HOW TO COMPLETE THIS TASK: Return each line of the records below that contains the word "decrypted".

--- DATA SHOWN Enclosed Below ---

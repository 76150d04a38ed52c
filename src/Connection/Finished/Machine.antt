-- ===== src/Connection/Finished/Machine.antt =====
-- src/smtp_connection.c: every completion and every deadline check leaves a finished engine where a
-- handshake has been logged as finished.
use smtpc_cli.Connection.Runs.{either, after, asserting_under, after_either}
use smtpc_cli.Connection.State.{
  TlsMode, submitted_connect, log_connecting, literal, logged, log_error, log_connected,
  log_tls_fail, log_tls_ok, log_tls_cert_warning, TlsStep, Platform, World, Holds, ConnState,
  CertInfo, connecting, wait_banner, sending_ehlo, wait_ehlo, sending_starttls, wait_starttls_reply,
  read_buf_size, log_timeout, tls_ok, want_read, want_write, tls_error, tls_handshaking, ready,
  error, timed_out, deadline, done,
}
use smtpc_cli.Connection.Io.{add_event, or_error}
use smtpc_cli.Connection.Handlers.{IoResult, handle_connect_completion, handle_banner_read}
use smtpc_cli.Connection.Handlers.Starttls.{
  handle_ehlo_write_completion, handle_ehlo_read, handle_starttls_write_completion,
  handle_starttls_reply,
}
use smtpc_cli.Connection.Handlers.Handshake.{
  handle_established, handle_handshake_step, handle_handshake_input, handle_tls_handshake,
}
use smtpc_cli.Connection.Machine.{
  connection_start, is_read, is_write, is_connect, is_handshaking, is_terminal, dispatch, decrypted,
  on_plain_io, on_handshake_io, on_io, check_timeout,
}
use smtpc_cli.Common.{
  [], arith, ℕ, ◌-◌, Bool, true, false, ◌||◌, ◌&&◌, not, Bytes, ◌≡◌, refl, Option, some, none, leb,
  ◌==◌, length,
}
use smtpc_cli.Connection.Finished.{
  aborted, fail_with, submit_read_bytes, tls_ok, Finishes, Backed, IsBacked, Backed-step,
  fail_with-IsBacked, submit_read_bytes-IsBacked, or_error-IsBacked,
}
use smtpc_cli.Connection.Security.{established, has_engine, allowed, IsAllowed}
use smtpc_cli.Connection.Io.{write_raw, read_cipher}
use smtpc_cli.Connection.State.{TlsStatus}
use smtpc_cli.Connection.Finished.Dialogue.{
  on_chunk-IsBacked, await_banner-IsBacked, send_ehlo-IsBacked, handle_connected-IsBacked,
  handle_banner-IsBacked, handle_ehlo-IsBacked, handle_starttls_answer-IsBacked,
}

module _ (p : Platform) (Q : p.Engine → Type 0) (finishes : Finishes p Q) where
  open p use {Engine, create, handshake, decrypt, accepts}

  abbrev Backs : World Engine → Type 0
  Backs = IsBacked p Q finishes

  handle_established-IsBacked :
      (cert : CertInfo) (identity : Bytes) (now_ms : ℕ) (w : World Engine)
      → Backed p Q finishes true w.conn.tls
      → Holds (handle_established p cert identity now_ms w) Backs
  unfolding handle_established
  handle_established-IsBacked cert identity now_ms w h =
      after_either Backs cert.validated log_tls_ok log_tls_cert_warning _ _ w _
        (either Backs (not w.conn.banner_seen) _ _ (await_banner-IsBacked p Q finishes now_ms _ h)
          (send_ehlo-IsBacked p Q finishes identity now_ms _ h))
        (either Backs (not w.conn.banner_seen) _ _ (await_banner-IsBacked p Q finishes now_ms _ h)
          (send_ehlo-IsBacked p Q finishes identity now_ms _ h))

  handle_handshake_step-IsBacked :
      (step : TlsStep Engine) (identity : Bytes) (now_ms : ℕ) (w : World Engine)
      → Backed p Q finishes (established w.events) (some step.engine)
      → (step.status ≡ tls_ok → Q step.engine)
      → Holds (handle_handshake_step p step identity now_ms w) Backs
  unfolding handle_handshake_step
  handle_handshake_step-IsBacked step identity now_ms w h q = by_status step.status step.out q
    where
      w' : World Engine
      w' = record w { conn = record (w.conn) { tls = some step.engine } }

      by_status :
          (s : TlsStatus) (out : Bytes)
          → (s ≡ tls_ok → Q step.engine)
          → Holds
              (elim s [
                | want_write ↦ done (or_error (write_raw p out w'))
                | want_read ↦ done (or_error (read_cipher p w'))
                | tls_error ↦ fail_with log_tls_fail "TLS handshake failed" w'
                | tls_ok ↦ handle_established p (p.cert_info step.engine) identity now_ms w'
              ])
              Backs
      by_status want_write out q = or_error-IsBacked p Q finishes (write_raw p out w').0 _ h
      by_status want_read out q = or_error-IsBacked p Q finishes (read_cipher p w').0 _ h
      by_status tls_error out q = fail_with-IsBacked p Q finishes log_tls_fail _ w' h
      by_status tls_ok out q = handle_established-IsBacked _ identity now_ms w' (q refl)

  handle_handshake_input-IsBacked :
      (input : Option Bytes) (engine : Engine) (identity : Bytes) (now_ms : ℕ) (w : World Engine)
      → Backed p Q finishes (established w.events) (some engine)
      → Backs w
      → Holds (handle_handshake_input p input engine identity now_ms w) Backs
  unfolding handle_handshake_input
  handle_handshake_input-IsBacked none engine identity now_ms w e h =
      fail_with-IsBacked p Q finishes log_tls_fail _ w h
  handle_handshake_input-IsBacked (some input) engine identity now_ms w e h =
      handle_handshake_step-IsBacked _ identity now_ms w
        (Backed-step p Q finishes (established w.events) engine _
          (finishes.by_handshake engine input read_buf_size) e)
        (finishes.established_by engine input read_buf_size)

  handle_tls_handshake-IsBacked :
      (result : IoResult) (engine : Engine) (identity : Bytes) (now_ms : ℕ) (w : World Engine)
      → Backed p Q finishes (established w.events) (some engine)
      → Backs w
      → Holds (handle_tls_handshake p result engine identity now_ms w) Backs
  unfolding handle_tls_handshake
  handle_tls_handshake-IsBacked result engine identity now_ms w e h =
      either Backs result.failed _ _ (fail_with-IsBacked p Q finishes log_tls_fail _ w h)
        (handle_handshake_input-IsBacked _ engine identity now_ms w e h)

  -- The states that a handshake starts from.
  abbrev starts : ConnState → Bool
  starts connecting = true
  starts wait_starttls_reply = true
  starts _ = false

  abbrev Unfinished : World Engine → Type 0
  Unfinished w = Backed p Q finishes (established w.events) none

  dispatch-IsBacked :
      (s : ConnState) (result : IoResult) (identity : Bytes) (now_ms : ℕ) (w : World Engine)
      → Backs w
      → (starts s ≡ true → Unfinished w)
      → Holds (dispatch p s result identity now_ms w) Backs
  unfolding dispatch handle_connect_completion handle_banner_read handle_ehlo_write_completion
      handle_ehlo_read handle_starttls_write_completion handle_starttls_reply
  dispatch-IsBacked connecting result identity now_ms w h r =
      asserting_under Backs (is_connect result.kind) _ (λ _.
        either Backs result.failed _ _ (fail_with-IsBacked p Q finishes log_error _ w h) (
          after Backs log_connected (literal "connected") w _
            (handle_connected-IsBacked p Q finishes w.conn.tls_mode now_ms _ (r refl) h)))
  dispatch-IsBacked wait_banner result identity now_ms w h r =
      asserting_under Backs (is_read result.kind) _ (λ kind.
        on_chunk-IsBacked p Q finishes result _ _ w _ h
          (λ f. handle_banner-IsBacked p Q finishes _ identity now_ms _ h))
  dispatch-IsBacked sending_ehlo result identity now_ms w h r =
      asserting_under Backs (is_write result.kind) _ (λ _.
        either Backs result.failed _ _ (fail_with-IsBacked p Q finishes log_error _ w h) (
          either Backs (not (result.sent == w.conn.wire_write_len)) _ _
            (fail_with-IsBacked p Q finishes log_error _ w h)
            (submit_read_bytes-IsBacked p Q finishes _ h)))
  dispatch-IsBacked wait_ehlo result identity now_ms w h r =
      asserting_under Backs (is_read result.kind) _ (λ kind.
        on_chunk-IsBacked p Q finishes result _ _ w _ h
          (λ f. handle_ehlo-IsBacked p Q finishes _ now_ms _ h))
  dispatch-IsBacked sending_starttls result identity now_ms w h r =
      asserting_under Backs (is_write result.kind) _ (λ _.
        either Backs (result.failed || not (result.sent == w.conn.wire_write_len)) _ _
          (fail_with-IsBacked p Q finishes log_error _ w h)
          (submit_read_bytes-IsBacked p Q finishes _ h))
  dispatch-IsBacked wait_starttls_reply result identity now_ms w h r =
      asserting_under Backs (is_read result.kind) _ (λ kind.
        on_chunk-IsBacked p Q finishes result _ _ w _ h
          (λ f. handle_starttls_answer-IsBacked p Q finishes _ now_ms _ (r refl) h))
  dispatch-IsBacked _ result identity now_ms w h r = tt

  decrypted-IsBacked :
      (step : TlsStep Engine) (result : IoResult) (identity : Bytes) (now_ms : ℕ) (w : World Engine)
      → Backed p Q finishes (established w.events) (some step.engine)
      → (starts w.conn.state ≡ true → Unfinished w)
      → Holds (decrypted p step result identity now_ms w) Backs
  unfolding decrypted
  decrypted-IsBacked step result identity now_ms w h r = by_status step.status step.out
    where
      w' : World Engine
      w' = record w { conn = record (w.conn) { tls = some step.engine } }

      by_status :
          (s : TlsStatus) (out : Bytes)
          → Holds
              (elim s [
                | want_read ↦ done (or_error (submit_read_bytes p w'))
                | tls_error ↦ fail_with log_error "TLS decrypt failed" w'
                | tls_ok ↦
                    dispatch p w'.conn.state (record result { chunk = out }) identity now_ms w'
                | want_write ↦ aborted
              ])
              Backs
      by_status want_read out = submit_read_bytes-IsBacked p Q finishes w' h
      by_status tls_error out = fail_with-IsBacked p Q finishes log_error _ w' h
      by_status tls_ok out = dispatch-IsBacked w.conn.state _ identity now_ms w' h r
      by_status want_write out = tt

  on_plain_io-IsBacked :
      (tls : Option Engine) (result : IoResult) (identity : Bytes) (now_ms : ℕ) (w : World Engine)
      → Backed p Q finishes (established w.events) tls
      → Backs w
      → (starts w.conn.state ≡ true → Unfinished w)
      → Holds (on_plain_io p tls result identity now_ms w) Backs
  unfolding on_plain_io
  on_plain_io-IsBacked none result identity now_ms w e h r =
      dispatch-IsBacked w.conn.state result identity now_ms w h r
  on_plain_io-IsBacked (some engine) result identity now_ms w e h r =
      either Backs (not (is_read result.kind && not result.failed)) _ _
        (dispatch-IsBacked w.conn.state result identity now_ms w h r)
        (either Backs (leb read_buf_size (length w.conn.received)) _ _
          (fail_with-IsBacked p Q finishes log_error _ w h)
          (decrypted-IsBacked _ result identity now_ms w
            (Backed-step p Q finishes (established w.events) engine _
              (finishes.by_decrypt engine result.chunk (read_buf_size - length w.conn.received)) e)
            r))

  on_handshake_io-IsBacked :
      (tls : Option Engine) (result : IoResult) (identity : Bytes) (now_ms : ℕ) (w : World Engine)
      → Backed p Q finishes (established w.events) tls
      → Backs w
      → Holds (on_handshake_io p tls result identity now_ms w) Backs
  unfolding on_handshake_io
  on_handshake_io-IsBacked none result identity now_ms w e h = tt
  on_handshake_io-IsBacked (some engine) result identity now_ms w e h =
      asserting_under Backs (is_read result.kind || is_write result.kind) _
        (λ _. handle_tls_handshake-IsBacked result engine identity now_ms w e h)

  -- An allowed world holds no engine where a handshake starts.
  starts-Unfinished :
      (s : ConnState) (w : World Engine)
      → allowed w.conn.tls_mode s (has_engine w.conn.tls) (established w.events) ≡ true
      → Backs w
      → starts s ≡ true
      → Unfinished w
  starts-Unfinished s w a h t = by_engine w.conn.tls (engineless s w.conn.tls_mode _ _ a t) h
    where
      engineless :
          (s : ConnState) (mode : TlsMode) (engine finished : Bool)
          → allowed mode s engine finished ≡ true
          → starts s ≡ true
          → engine ≡ false
      engineless connecting mode engine finished a t = ground arith
      engineless wait_starttls_reply mode engine finished a t = ground arith
      engineless wait_banner mode engine finished a t = cc
      engineless sending_ehlo mode engine finished a t = cc
      engineless wait_ehlo mode engine finished a t = cc
      engineless sending_starttls mode engine finished a t = cc
      engineless tls_handshaking mode engine finished a t = cc
      engineless ready mode engine finished a t = cc
      engineless error mode engine finished a t = cc
      engineless timed_out mode engine finished a t = cc

      by_engine :
          (tls : Option Engine)
          → has_engine tls ≡ false
          → Backed p Q finishes (established w.events) tls
          → Unfinished w
      by_engine none n h = h
      by_engine (some e) n h = cc

  pub on_io-IsBacked :
      (result : IoResult) (identity : Bytes) (now_ms : ℕ) (w : World Engine)
      → IsAllowed w
      → IsBacked p Q finishes w
      → Holds (on_io p result identity now_ms w) (IsBacked p Q finishes)
  unfolding on_io
  on_io-IsBacked result identity now_ms w a h =
      either Backs (is_handshaking w.conn.state) _ _
        (on_handshake_io-IsBacked w.conn.tls result identity now_ms w h h)
        (on_plain_io-IsBacked w.conn.tls result identity now_ms w h h
          (starts-Unfinished w.conn.state w a h))

  pub check_timeout-IsBacked :
      (now_ms : ℕ) (w : World Engine) → Backs w → Holds (check_timeout p now_ms w) Backs
  unfolding check_timeout
  check_timeout-IsBacked now_ms w h =
      either Backs (is_terminal w.conn.state) _ _ h
        (either Backs (leb w.conn.deadline_ms now_ms) _ _ (after Backs log_timeout _ w _ h) h)

  pub connection_start-IsBacked :
      (now_ms timeout_ms : ℕ) (w : World Engine)
      → IsBacked p Q finishes w
      → Holds (connection_start p now_ms timeout_ms w) (IsBacked p Q finishes)
  unfolding connection_start
  connection_start-IsBacked now_ms timeout_ms w h =
      after Backs log_connecting _ _ _ (either_answer (accepts _))
    where
      either_answer :
          (answer : Bool)
          → Backs (
              or_error (
                add_event (submitted_connect answer) (
                    add_event (logged log_connecting (literal "connecting")) (record w {
                      conn = record (w.conn) {
                        state = connecting;
                        connect_timeout_ms = timeout_ms;
                        deadline_ms = deadline now_ms timeout_ms;
                        received = [];
                        write_len = 0;
                        banner_seen = false;
                      };
                    })),
                answer,
              ))
      either_answer true = h
      either_answer false = h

--- End of Enclosed DATA SHOWN ---

EXERCISE OUTPUT:
  connection_start, is_read, is_write, is_connect, is_handshaking, is_terminal, dispatch, decrypted,
  decrypted-IsBacked :
      → Holds (decrypted p step result identity now_ms w) Backs
  unfolding decrypted
  decrypted-IsBacked step result identity now_ms w h r = by_status step.status step.out
          (decrypted-IsBacked _ result identity now_ms w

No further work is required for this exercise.